(Dataset entries)
-- ===== src/Memory.antt =====
-- Byte-addressable memory: include/memory/memory.hpp, src/memory/memory.cpp. Addresses and sizes
-- are 64 bits wide and are never computed with here; a byte is a number below 256.
pub mod Laws
use embedded_firmware_simula.Prelude.{
  ℕ, Bool, List, length, get_or, set, replicate, ltb, if◌then◌else◌, Outcome, ok, throws,
  out_of_range,
}

pub record Memory : Type 0 where
  pub storage : List ℕ

-- `Memory(size)`
unfoldable pub new : ℕ → Memory
new n = record { storage = replicate n 0 }

unfoldable pub size : Memory → ℕ
size m = length m.storage

unfoldable pub is_valid_address : Memory → ℕ → Bool
is_valid_address m a = ltb a (length m.storage)

unfoldable pub read : Memory → ℕ → Outcome ℕ
unfolding is_valid_address
read m a = if is_valid_address m a then ok (get_or m.storage a 0) else throws out_of_range

unfoldable pub write : Memory → ℕ → ℕ → Outcome Memory
unfolding is_valid_address
write m a v =
    if is_valid_address m a
    then ok (record m { storage = set m.storage a v })
    else throws out_of_range

unfoldable pub clear : Memory → Memory
clear m = record m { storage = replicate (length m.storage) 0 }
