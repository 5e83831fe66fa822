-- ===== src/Timer.antt =====
-- The timer: include/drivers/timer/timer.hpp, src/drivers/timer/timer.cpp. The objects that a timer
-- may be attached to stand beside it in a `World`; a pointer to one of them is a Boolean, false for
-- `nullptr`. `T` is what the scheduler calls when the compare value is reached; `H` are the handlers
-- of the interrupt controller.
pub mod Counting
pub mod Matching
pub mod Scheduling
mod Tests
use embedded_firmware_simula.Prelude.{
  ℕ, ◌+◌, ◌-◌, ◌%◌, ◌^◌, Bool, true, false, not, ◌&&◌, ◌||◌, List, [], ◌∷◌, some, ltb, leb, ◌==◌,
  if◌then◌else◌, Outcome, ok, throws,
}
use embedded_firmware_simula.Prelude.Bits.{set_bit, clear_bit, test_bit}
use embedded_firmware_simula.Mmio.Register.{Register}
use embedded_firmware_simula.Mmio.Register
use embedded_firmware_simula.Mmio.Bus.{MmioBus, at_offset, construct, unregister_all}
use embedded_firmware_simula.Interrupts.{InterruptController, trigger}
use embedded_firmware_simula.Clock.{SimulationClock}
use embedded_firmware_simula.Events.{EventScheduler, schedule, cancel}

pub record Timer : Type 0 where
  pub base_address : ℕ
  pub ctrl_register : Register
  pub count_register : Register
  pub compare_register : Register
  pub status_register : Register
  pub interrupt_controller : Bool
  pub interrupt_id : ℕ
  pub clock : Bool
  pub scheduler : Bool
  pub scheduled_event_id : ℕ
  pub last_clock_cycles : ℕ

-- A timer and what it may be attached to.
pub record World (T H : Type 0) : Type 0 where
  pub timer : Timer
  pub simulation_clock : SimulationClock
  pub events : EventScheduler T
  pub interrupts : InterruptController H

pub data Port : Type 0 where
  ctrl_port count_port compare_port status_port : Port

unfoldable pub ctrl_address : ℕ → ℕ
ctrl_address base = at_offset base 0x00

unfoldable pub count_address : ℕ → ℕ
count_address base = at_offset base 0x04

unfoldable pub compare_address : ℕ → ℕ
compare_address base = at_offset base 0x08

unfoldable pub status_address : ℕ → ℕ
status_address base = at_offset base 0x0c

abbrev pub created : ℕ → Timer
created base = record {
  base_address = base;
  ctrl_register = Register.new (ctrl_address base) 0;
  count_register = Register.new (count_address base) 0;
  compare_register = Register.new (compare_address base) 0;
  status_register = Register.new (status_address base) 0;
  interrupt_controller = false;
  interrupt_id = 0;
  clock = false;
  scheduler = false;
  scheduled_event_id = 0;
  last_clock_cycles = 0;
}

abbrev pub entries : {R : Type 0} → (Port → R) → ℕ → List (ℕ × R)
entries ref base =
    (ctrl_address base, ref ctrl_port)
    ∷ (count_address base, ref count_port)
    ∷ (compare_address base, ref compare_port)
    ∷ (status_address base, ref status_port)
    ∷ []

unfoldable pub new : {R : Type 0} → (Port → R) → MmioBus R → ℕ → MmioBus R × Outcome Timer
unfolding construct Register.new
new ref bus base = construct bus (entries ref base) (created base)

unfoldable pub counter : Timer → ℕ
unfolding Register.read
counter t = Register.read t.count_register

unfoldable pub compare : Timer → ℕ
unfolding Register.read
compare t = Register.read t.compare_register

unfoldable pub running : Timer → Bool
unfolding Register.read
running t = test_bit (Register.read t.ctrl_register) 0

unfoldable pub has_match : Timer → Bool
unfolding Register.read
has_match t = test_bit (Register.read t.status_register) 0

unfoldable pub interrupt_enabled : Timer → Bool
unfolding Register.read
interrupt_enabled t = test_bit (Register.read t.ctrl_register) 1

unfoldable pub auto_reset : Timer → Bool
unfolding Register.read
auto_reset t = test_bit (Register.read t.ctrl_register) 2

-- `ctrl |= (1U << bit)` or `ctrl &= ~(1U << bit)`
abbrev pub with_bit : Bool → Register → ℕ → Register
with_bit true r i = Register.write r (set_bit (Register.read r) i)
with_bit false r i = Register.write r (clear_bit (Register.read r) i)

abbrev pub with_ctrl : Timer → ℕ → Bool → Timer
with_ctrl t i on = record t { ctrl_register = with_bit on t.ctrl_register i }

unfoldable pub set_interrupt_enabled : Timer → Bool → Timer
unfolding Register.read Register.write
set_interrupt_enabled t enable = with_ctrl t 1 enable

unfoldable pub set_auto_reset : Timer → Bool → Timer
unfolding Register.read Register.write
set_auto_reset t enable = with_ctrl t 2 enable

unfoldable pub clear_match : Timer → Timer
unfolding Register.read Register.write
clear_match t = record t { status_register = with_bit false t.status_register 0 }

unfoldable pub attach_interrupt_controller : Timer → Bool → ℕ → Timer
attach_interrupt_controller t controller id = record t {
  interrupt_controller = controller;
  interrupt_id = id;
}

unfoldable pub detach_interrupt_controller : Timer → Timer
detach_interrupt_controller t = record t { interrupt_controller = false; interrupt_id = 0 }

module _ {T H : Type 0} where
  -- The clock's cycles, remembered if a clock is attached.
  abbrev pub mark_clock : World T H → World T H
  mark_clock w =
      if w.timer.clock
      then record w { timer = record w.timer { last_clock_cycles = w.simulation_clock.cycles } }
      else w

  unfoldable pub cancel_scheduled_event : World T H → World T H
  cancel_scheduled_event w =
      if not (w.timer.scheduled_event_id == 0) && w.timer.scheduler
      then record w {
        events = (cancel w.events w.timer.scheduled_event_id).0;
        timer = record w.timer { scheduled_event_id = 0 };
      }
      else w

  unfoldable pub stop : World T H → World T H
  unfolding Register.read Register.write
  stop w = cancel_scheduled_event (record w { timer = with_ctrl w.timer 0 false })

  unfoldable pub reset : World T H → World T H
  unfolding Register.reset
  reset w =
      let w' = stop w in
      mark_clock (record w' {
        timer = record w'.timer {
          count_register = Register.reset w'.timer.count_register;
          status_register = Register.reset w'.timer.status_register;
          ctrl_register = Register.reset w'.timer.ctrl_register;
        };
      })

  unfoldable pub attach_clock : World T H → Bool → World T H
  attach_clock w given = mark_clock (record w { timer = record w.timer { clock = given } })

  unfoldable pub detach_clock : World T H → World T H
  detach_clock w = record w { timer = record w.timer { clock = false; last_clock_cycles = 0 } }

  unfoldable pub detach_scheduler : World T H → World T H
  detach_scheduler w =
      let w' = cancel_scheduled_event w in
      record w' { timer = record w'.timer { scheduler = false } }

  -- The destructor, on the bus `bus`.
  unfoldable pub destroy : {R : Type 0} → MmioBus R → World T H → MmioBus R × World T H
  destroy bus w = (
    unregister_all bus (
        ctrl_address w.timer.base_address
        ∷ count_address w.timer.base_address
        ∷ compare_address w.timer.base_address
        ∷ status_address w.timer.base_address
        ∷ []),
    cancel_scheduled_event w,
  )

  -- The state after it, also if the interrupt controller refuses the id and throws.
  unfoldable pub handle_compare_match : World T H → World T H × Outcome (Unit {0})
  unfolding Register.read Register.write
  handle_compare_match w =
      let w' = stop (record w {
        timer = record w.timer {
          count_register = Register.write w.timer.count_register (compare w.timer);
          status_register = with_bit true w.timer.status_register 0;
        };
      }) in
      if not (running w.timer)
      then (w, ok tt)
      else if w'.timer.interrupt_controller
      then elim (trigger w'.interrupts w'.timer.interrupt_id) [
        | ok c ↦ (record w' { interrupts = c }, ok tt)
        | throws e ↦ (w', throws e)
      ]
      else (w', ok tt)

  -- `stepAmount` of `tick`: the cycles since the last one, cut to 32 bits.
  abbrev pub step_amount : World T H → ℕ
  step_amount w =
      if w.timer.clock && ltb w.timer.last_clock_cycles w.simulation_clock.cycles
      then (w.simulation_clock.cycles - w.timer.last_clock_cycles) % 2 ^ 32
      else 1

  unfoldable pub tick : World T H → World T H × Outcome (Unit {0})
  unfolding Register.read Register.write
  tick w =
      let count = (Register.read w.timer.count_register + step_amount w) % 2 ^ 32 in
      let w' = mark_clock w in
      let counted = record w' {
        timer = record w'.timer { count_register = Register.write w'.timer.count_register count };
      } in
      if not (running w.timer)
      then (w', ok tt)
      else if not w.timer.scheduler && leb (Register.read w.timer.compare_register) count
      then handle_compare_match counted
      else (counted, ok tt)

  module _ (compare_match : T) where
    unfoldable pub update_scheduled_event : World T H → World T H
    update_scheduled_event w =
        let w' = cancel_scheduled_event w in
        let now : ℕ = if w'.timer.clock then w'.simulation_clock.cycles else 0 in
        let (events, id) =
          schedule w'.events (some compare_match)
            ((now + (compare w'.timer - counter w'.timer)) % 2 ^ 64) "Timer Compare Match" in
        if not (running w'.timer) || not w'.timer.scheduler
        then w'
        else if leb (compare w'.timer) (counter w'.timer)
        then w'
        else record w' { events = events; timer = record w'.timer { scheduled_event_id = id } }

    unfoldable pub start : World T H → World T H
    unfolding Register.read Register.write
    start w = update_scheduled_event (mark_clock (record w { timer = with_ctrl w.timer 0 true }))

    unfoldable pub attach_scheduler : World T H → Bool → World T H
    attach_scheduler w given =
        update_scheduled_event (record w { timer = record w.timer { scheduler = given } })

    unfoldable pub set_compare : World T H → ℕ → World T H
    unfolding Register.write
    set_compare w value = update_scheduled_event (record w {
      timer = record w.timer { compare_register = Register.write w.timer.compare_register value };
    })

> **WHAT YOU HAVE TO DO**:
Search the entries for the string "InterruptController" and copy each line where it occurs.

> **EXERCISE SOLUTION**:
use embedded_firmware_simula.Interrupts.{InterruptController, trigger}
  pub interrupts : InterruptController H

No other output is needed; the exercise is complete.